At Aldeby, where beds occur decidedly similar in mineral character as well as fossil remains, Messrs. Crowfoot and Dowson have now obtained sixty-six species of mollusca, comprising the Chillesford species and some others. Of these about nine-tenths are recent. They are in a perfect state, clearly indicating a cold climate; as two-thirds of them are now met with in arctic regions. As a rule, the lamellibranchiate molluscs have both valves united, and many of them, such as Mya arenaria, stand with the siphonal end upward, as when in a living state. Tellina balthica, before mentioned (Fig. 116) as so characteristic of the glacial beds, including the drift of Bridlington, has not yet been found in deposits of Chillesford and Aldeby age, whether at Sudbourn, East Bavent, Horstead, Coltishall, Burgh, or in the highest beds overlying the Norwich Crag proper at Bramerton and Thorpe.

Norwich or Fluvio-marine Crag.—The beds above alluded to ought, perhaps, to be regarded as beds of passage between the glacial formations and those called from a provincial name “Crag,” the newest member of which has been commonly called the “Norwich Crag.” It is chiefly seen in the neighbourhood of Norwich, and consists of beds of incoherent sand, loam, and gravel, which are exposed to view on both banks of the Yare, as at Bramerton and Thorpe. As they contain a mixture of marine, land, and fresh-water shells, with bones of fish and mammalia, it is clear that these beds have been accumulated at the bottom of a sea near the mouth of a river. They form patches rarely exceeding twenty feet in thickness, resting on white chalk. At their junction with the chalk there invariably intervenes a bed called the “Stone-bed,” composed of unrolled chalk-flints, commonly of large size, mingled with the remains of a land fauna comprising Mastodon arvernensis, Elephas meridionalis, and an extinct species of deer. The mastodon, which is a species characteristic of the Pliocene strata of Italy and France, is the most abundant fossil, and one not found in the Cromer forest before mentioned.
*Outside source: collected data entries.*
-- ===== src/Options.antt =====
-- zfl.c: the arguments of the command line, up to where `main` starts a server or the clients.
-- `atoi` is a parameter. `none` is the fault of a flag at the end that lacks its value, where
-- `shift_args` runs behind the last argument and `atoi` gets NULL.
pub mod Laws
pub mod Launch
pub mod LaunchLaws
use zfl.Base.{
  ℕ, zero, Bool, true, false, Option, none, some, List, [], ◌∷◌, ◌>>=◌, ◌==◌, ◌||◌, if◌then◌else◌,
  Bytes, codes,
}
use zfl.Common.Payload.{has_prefix}

pub record ServerOptions : Type 0 where
  pub num_rounds : ℕ
  pub clients_per_round : ℕ
  pub emulate_loss : Bool

pub record ClientOptions : Type 0 where
  pub num_clients : ℕ
  pub epochs : ℕ
  pub batch_size : ℕ

-- Which of the flags an argument begins with.
pub data ServerFlag : Type 0 where
  num_round_flag num_clients_flag loss_flag no_flag : ServerFlag

pub data ClientFlag : Type 0 where
  epochs_flag clients_flag batch_flag none_of_them : ClientFlag

unfoldable pub server_flag : Bytes → ServerFlag
server_flag arg =
    if has_prefix arg (codes "-r")
    then num_round_flag
    else if has_prefix arg (codes "-c")
    then num_clients_flag
    else if has_prefix arg (codes "--loss")
    then loss_flag
    else no_flag

unfoldable pub client_flag : Bytes → ClientFlag
client_flag arg =
    if has_prefix arg (codes "-e")
    then epochs_flag
    else if has_prefix arg (codes "-c")
    then clients_flag
    else if has_prefix arg (codes "-b")
    then batch_flag
    else none_of_them

module _ (atoi : Bytes → ℕ) where
  -- The loop of the server's arguments.
  unfoldable pub server_loop : ServerOptions → List Bytes → Option ServerOptions
  server_loop o [] = some o
  server_loop o (arg ∷ []) = elim (server_flag arg) [
    | num_round_flag ↦ none
    | num_clients_flag ↦ none
    | loss_flag ↦ some (record o { emulate_loss = true })
    | no_flag ↦ some o
  ]
  server_loop o (arg ∷ val ∷ args) = elim (server_flag arg) [
    | num_round_flag ↦ server_loop (record o { num_rounds = atoi val }) args
    | num_clients_flag ↦ server_loop (record o { clients_per_round = atoi val }) args
    | loss_flag ↦ server_loop (record o { emulate_loss = true }) (val ∷ args)
    | no_flag ↦ server_loop o (val ∷ args)
  ]

  -- The loop of the clients' arguments.
  unfoldable pub client_loop : ClientOptions → List Bytes → Option ClientOptions
  client_loop o [] = some o
  client_loop o (arg ∷ []) = elim (client_flag arg) [
    | epochs_flag ↦ none
    | clients_flag ↦ none
    | batch_flag ↦ none
    | none_of_them ↦ some o
  ]
  client_loop o (arg ∷ val ∷ args) = elim (client_flag arg) [
    | epochs_flag ↦ client_loop (record o { epochs = atoi val }) args
    | clients_flag ↦ client_loop (record o { num_clients = atoi val }) args
    | batch_flag ↦ client_loop (record o { batch_size = atoi val }) args
    | none_of_them ↦ client_loop o (val ∷ args)
  ]

-- `usage` and -1, or what is started.
pub data Start : Type 0 where
  usage : Start
  start_server : ServerOptions → Start
  start_client : ClientOptions → Start

abbrev pub checked_server : ServerOptions → Start
checked_server o =
    if (o.num_rounds == 0) || (o.clients_per_round == 0) then usage else start_server o

abbrev pub checked_client : ClientOptions → Start
checked_client o =
    if (o.num_clients == 0) || ((o.epochs == 0) || (o.batch_size == 0))
    then usage
    else start_client o

abbrev pub no_server_options : ServerOptions
no_server_options = record { num_rounds = 0; clients_per_round = 0; emulate_loss = false }

abbrev pub no_client_options : ClientOptions
no_client_options = record { num_clients = 0; epochs = 0; batch_size = 0 }

unfoldable pub run : (Bytes → ℕ) → Bytes → List Bytes → Option Start
run atoi command args =
    if has_prefix command (codes "server")
    then (server_loop atoi no_server_options args >>= λ o. some (checked_server o))
    else if has_prefix command (codes "client")
    then (client_loop atoi no_client_options args >>= λ o. some (checked_client o))
    else some usage

-- `argv`, with the program's name first.
unfoldable pub main : (Bytes → ℕ) → List Bytes → Option Start
main atoi (program ∷ command ∷ arg ∷ args) = run atoi command (arg ∷ args)
main atoi _ = some usage
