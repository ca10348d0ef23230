-- ===== src/Options/Launch.antt =====
-- zfl.c: `start_client` and `start_server`, `cat_client_output` and `setup_net_interface`: the commands,
-- names and texts that they make, and what they do with the answers of the system. The conversions of
-- printf are parameters.
use zfl.Base.{
  ℕ, zero, suc, ◌+◌, ◌%◌, Bool, true, false, Option, none, some, List, [], ◌∷◌, ◌++◌, ◌==◌, ltb,
  if◌then◌else◌, Bytes, codes, take,
}

-- "%d" or "%zu", and "%x".
pub record Formats : Type 0 where
  pub int_text : ℕ → Bytes
  pub hex_text : ℕ → Bytes

-- The child's command, and the two results: `none` is the failing fork.
unfoldable pub setup_net_interface : Bytes → Bytes → Bytes → Option ℕ → List Bytes × ℕ
setup_net_interface conf command iname none = ([], 1)
setup_net_interface conf command iname (some status) =
    (codes "./net-setup.sh" ∷ command ∷ codes "-c" ∷ conf ∷ codes "-i" ∷ iname ∷ [], status)

-- What `cat_client_output` writes to its log. The file or the log may not open; `none` is the call of
-- fclose with NULL. `writes` is whether each fwrite succeeds.
unfoldable pub copy_output : List Bytes → List Bool → Bytes
copy_output [] writes = []
copy_output (chunk ∷ chunks) [] = []
copy_output (chunk ∷ chunks) (true ∷ writes) = chunk ++ copy_output chunks writes
copy_output (chunk ∷ chunks) (false ∷ writes) = []

unfoldable pub cat_client_output : Bool → Bool → List Bytes → List Bool → Option Bytes
cat_client_output opens log_opens chunks writes =
    if opens then if log_opens then some (copy_output chunks writes) else none else none

module _ (formats : Formats) where
  open formats use {int_text, hex_text}

  -- The child's command, in its directory; snprintf writes 99 bytes at most.
  unfoldable pub start_server : ℕ → ℕ → Bool → Option ℕ → List Bytes × ℕ
  start_server num_rounds clients_per_round emulate_loss none = ([], 1)
  start_server num_rounds clients_per_round emulate_loss (some child) = (
    codes "./server"
        ∷ take 99 (int_text num_rounds)
        ∷ take 99 (int_text clients_per_round)
        ∷ (if emulate_loss then codes "1" else codes "0")
        ∷ [],
    0,
  )

  abbrev pub pipe_path : ℕ → Bytes
  pipe_path i = take 29 (codes "/tmp/client" ++ int_text (i + 1))

  abbrev pub pipe_in : ℕ → Bytes
  pipe_in i = take 99 (pipe_path i ++ codes ".in")

  abbrev pub pipe_out : ℕ → Bytes
  pipe_out i = take 99 (pipe_path i ++ codes ".out")

  -- One byte of the address, with a colon behind all but the last.
  abbrev pub mac_byte : ℕ → ℕ → Bytes
  mac_byte x tp =
      (if ltb tp 16 then codes "0" else []) ++ (hex_text tp ++ (if ltb x 4 then codes ":" else []))

  -- The loop over the five random bytes, from the byte `x` on, with `n` left.
  unfoldable pub mac_from : (ℕ → ℕ) → ℕ → ℕ → Bytes → Bytes
  mac_from rand x zero mac = mac
  mac_from rand x (suc n) mac =
      mac_from rand (suc x) n (take 49 (mac ++ take 9 (mac_byte x (rand x % 32))))

  abbrev pub mac_text : (ℕ → ℕ) → Bytes
  mac_text rand = mac_from rand 0 5 (codes "00:")

  abbrev pub serial_arg : ℕ → Bytes
  serial_arg i = take 79 (codes "pipe:" ++ pipe_path i)

  abbrev pub nic_arg : Bytes → Bytes
  nic_arg mac = take 99 (codes "bridge,model=e1000,mac=" ++ (mac ++ codes ",br=zfl"))

  -- The command that is written to a client, with its NUL.
  abbrev pub run_text : ℕ → ℕ → ℕ → Bytes
  run_text i epochs batch_size =
      codes "run 192.0.2."
      ++ (int_text (i + 3)
          ++ (codes " "
              ++ (int_text epochs ++ (codes " " ++ (int_text batch_size ++ (b'\n' ∷ []))))))

  abbrev pub run_cmd : ℕ → ℕ → ℕ → Bytes
  run_cmd i epochs batch_size = take 49 (run_text i epochs batch_size)

  -- What the system answers for one client: whether the pipes can be made, the child's id or the
  -- failing fork, whether the pipe opens, and whether the write succeeds.
  pub record Answers : Type 0 where
    pub pipes : Bool
    pub child : Option ℕ
    pub opens : Bool
    pub writes : Bool

  -- A client that runs: its number, the child, the arguments of qemu that are not fixed, and what is
  -- written to its pipe.
  pub record Launched : Type 0 where
    pub number : ℕ
    pub pid : ℕ
    pub serial : Bytes
    pub nic : Bytes
    pub command : Bytes

  -- One round of the first loop: the client, or the result that ends the function, 1 or -1.
  pub data Outcome : Type 0 where
    launched : Launched → Outcome
    one : Outcome
    minus_one : Outcome

  unfoldable pub launch : (ℕ → ℕ) → ℕ → ℕ → ℕ → Answers → Outcome
  launch rand epochs batch_size i a = if a.pipes then forked a.child else minus_one
    where
      forked : Option ℕ → Outcome
      forked none = one
      forked (some pid) =
          if a.opens
          then if a.writes
            then launched (record {
              number = i;
              pid = pid;
              serial = serial_arg i;
              nic = nic_arg (mac_text rand);
              command = run_cmd i epochs batch_size ++ (0 ∷ []);
            })
            else minus_one
          else minus_one

  -- The first loop: the clients launched, and the result where the function ends early.
  unfoldable pub launch_all :
      (ℕ → ℕ → ℕ) → ℕ → ℕ → ℕ → List Answers → List Launched × Option Outcome
  launch_all rands epochs batch_size i [] = ([], none)
  launch_all rands epochs batch_size i (a ∷ answers) =
      let rest = launch_all rands epochs batch_size (suc i) answers in
      add (launch (rands i) epochs batch_size i a) rest
    where
      add : Outcome → List Launched × Option Outcome → List Launched × Option Outcome
      add (launched l) rest = (l ∷ rest.0, rest.1)
      add one rest = ([], some one)
      add minus_one rest = ([], some minus_one)

  -- The pipes that are removed when a child ends: those of each client with its id.
  unfoldable pub removed : List Launched → ℕ → List Bytes
  removed [] pid = []
  removed (l ∷ clients) pid =
      let rest = removed clients pid in
      if l.pid == pid then pipe_in l.number ∷ pipe_out l.number ∷ rest else rest

  -- The second loop, over the ids of the children in the order in which they end.
  unfoldable pub clean_up : List Launched → List ℕ → List Bytes
  clean_up clients [] = []
  clean_up clients (pid ∷ pids) = removed clients pid ++ clean_up clients pids
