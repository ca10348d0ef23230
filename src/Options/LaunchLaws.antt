-- ===== src/Options/LaunchLaws.antt =====
-- zfl.c: the texts of `start_client` fit their buffers.
use native.Mathlib.Nat.{mod-lt}
use zfl.Base.{
  ℕ, zero, suc, ◌+◌, ◌*◌, ◌%◌, ◌≤◌, ◌<◌, ◌≡◌, refl, sym, ap, ◌∙◌, [], ◌++◌, ltb, if◌then◌else◌,
  Bytes, codes, length, take, take_all, length-append, append_assoc, append-nil, arith,
}
use zfl.Options.Launch.{Formats, mac_byte, mac_from, mac_text}

-- What "%x" writes for the numbers below 32.
abbrev pub WritesHex : Formats → Type 0
WritesHex formats = (k : ℕ) → k < 32 → length (formats.hex_text k) ≡ (if ltb k 16 then 1 else 2)

module _ (formats : Formats) (rand : ℕ → ℕ) where
  -- The bytes with nothing cut off.
  abbrev pub mac_bytes : ℕ → ℕ → Bytes
  mac_bytes x zero = []
  mac_bytes x (suc n) = mac_byte formats x (rand x % 32) ++ mac_bytes (suc x) n

  digits :
      (k l : ℕ)
      → l ≡ (if ltb k 16 then 1 else 2)
      → length (if ltb k 16 then codes "0" else []) + l ≡ 2
  digits k l e = ground arith

  colon : (x : ℕ) → length (if ltb x 4 then codes ":" else []) ≡ (if ltb x 4 then 1 else 0)
  colon x = ground arith

  length-mac_byte :
      (x k : ℕ)
      → WritesHex formats
      → k < 32
      → length (mac_byte formats x k) ≡ 2 + (if ltb x 4 then 1 else 0)
  length-mac_byte x k hex h =
      length-append (if ltb k 16 then codes "0" else [])
        (formats.hex_text k ++ (if ltb x 4 then codes ":" else []))
      ∙ ap (λ l. length (if ltb k 16 then codes "0" else []) + l)
          (length-append (formats.hex_text k) (if ltb x 4 then codes ":" else []))
      ∙ omega (arith, digits k (length (formats.hex_text k)) (hex k h), colon x)

  -- What the address is long before byte `x`.
  abbrev before : ℕ → ℕ
  before x = if ltb x 5 then 3 + 3 * x else 17

  at_end : (x l : ℕ) → x + 0 ≡ 5 → l ≡ before x → l ≡ 17
  at_end x l e h = ground arith

  -- With one more byte.
  next_byte :
      (x n l k : ℕ)
      → x + suc n ≡ 5
      → l ≡ before x
      → k ≡ 2 + (if ltb x 4 then 1 else 0)
      → l + k ≡ before (suc x)
  next_byte x n l k e h m = ground arith

  small_byte : (x k : ℕ) → k ≡ 2 + (if ltb x 4 then 1 else 0) → k ≤ 3
  small_byte x k m = ground arith

  small_before : (x n l : ℕ) → x + suc n ≡ 5 → l ≡ before x → l ≤ 17
  small_before x n l e h = ground arith

  mac_from-whole :
      (x n : ℕ) (mac : Bytes)
      → WritesHex formats
      → x + n ≡ 5
      → length mac ≡ before x
      → (mac_from formats rand x n mac ≡ mac ++ mac_bytes x n)
        × (length (mac_from formats rand x n mac) ≡ 17)
  unfolding mac_from
  mac_from-whole x zero mac hex e l = (sym (append-nil mac), at_end x (length mac) e l)
  mac_from-whole x (suc n) mac hex e l =
      let b = mac_byte formats x (rand x % 32) in
      let size = length-mac_byte x (rand x % 32) hex (mod-lt (rand x) (omega arith)) in
      let three = small_byte x (length b) size in
      let whole =
        take_all (mac ++ b) 49
          (omega (arith, length-append mac b, small_before x n (length mac) e l)) in
      let kept = ap (λ t. take 49 (mac ++ t)) (take_all b 9 (omega arith)) ∙ whole in
      let (same, long) =
        mac_from-whole (suc x) n (mac ++ b) hex (omega arith)
          (length-append mac b ∙ next_byte x n (length mac) (length b) e l size) in
      (
        ap (mac_from formats rand (suc x) n) kept ∙ same ∙ append_assoc mac b (mac_bytes (suc x) n),
        ap (λ m. length (mac_from formats rand (suc x) n m)) kept ∙ long,
      )

  -- Whatever rand returns, where "%x" writes one digit below 16 and two below 32: the address of a
  -- client has its five random bytes whole, with colons between them, none of its buffers cuts it off,
  -- and it has 17 bytes.
  pub mac_text-whole :
      WritesHex formats
      → (mac_text formats rand ≡ codes "00:" ++ mac_bytes 0 5)
        × (length (mac_text formats rand) ≡ 17)
  mac_text-whole hex = mac_from-whole 0 5 (codes "00:") hex refl refl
When these flints, probably long exposed in the atmosphere, became submerged, they were covered with barnacles, and the surface of the chalk became perforated by the Pholas crispata, each fossil shell still remaining at the bottom of its cylindrical cavity, now filled up with loose sand from the incumbent crag. This species of Pholas still exists, and drills the rocks between high and low water on the British coast. The name of “Fluvio-marine” has often been given to this formation, as no less than twenty species of land and fresh-water shells have been found in it. They are all of living species; at least only one univalve, Paludina lenta, has any, and that a very doubtful, claim to be regarded as extinct.

Of the marine shells, 124 in number, about 18 per cent are extinct, according to the latest estimate given me by Mr. Searles Wood; but, for reasons presently to be mentioned, this percentage must be only regarded as provisional. It must also be borne in mind that the proportion of recent shells would be augmented if the uppermost beds at Bramerton, near Norwich, which belong to the most modern or Chillesford division of the Crag, had been included, as they were formerly, by Mr. Woodward and myself, in the Norwich series. Arctic shells, which formed so large a proportion in the Chillesford and Aldeby beds, are more rare in the Norwich Crag, though many northern species—such as Rhynchonella psittacea, Scalaria Grœnlandica, Astarte borealis, Panopæa Norvegia, and others—still occur. The Nucula Cobboldiæ and Tellina obliqua, Figs. 119 and 120, before mentioned, p. 194, are frequent in these beds, as are also Littorina littorea, Cardium edule, and Turritella communis, of our seas, proving the littoral origin of the beds.

OLDER PLIOCENE STRATA.

Red Crag.—Among the English Pliocene beds the next in antiquity is the Red Crag, which often rests immediately on the London Clay, as in the county of Essex, illustrated in Fig. 121.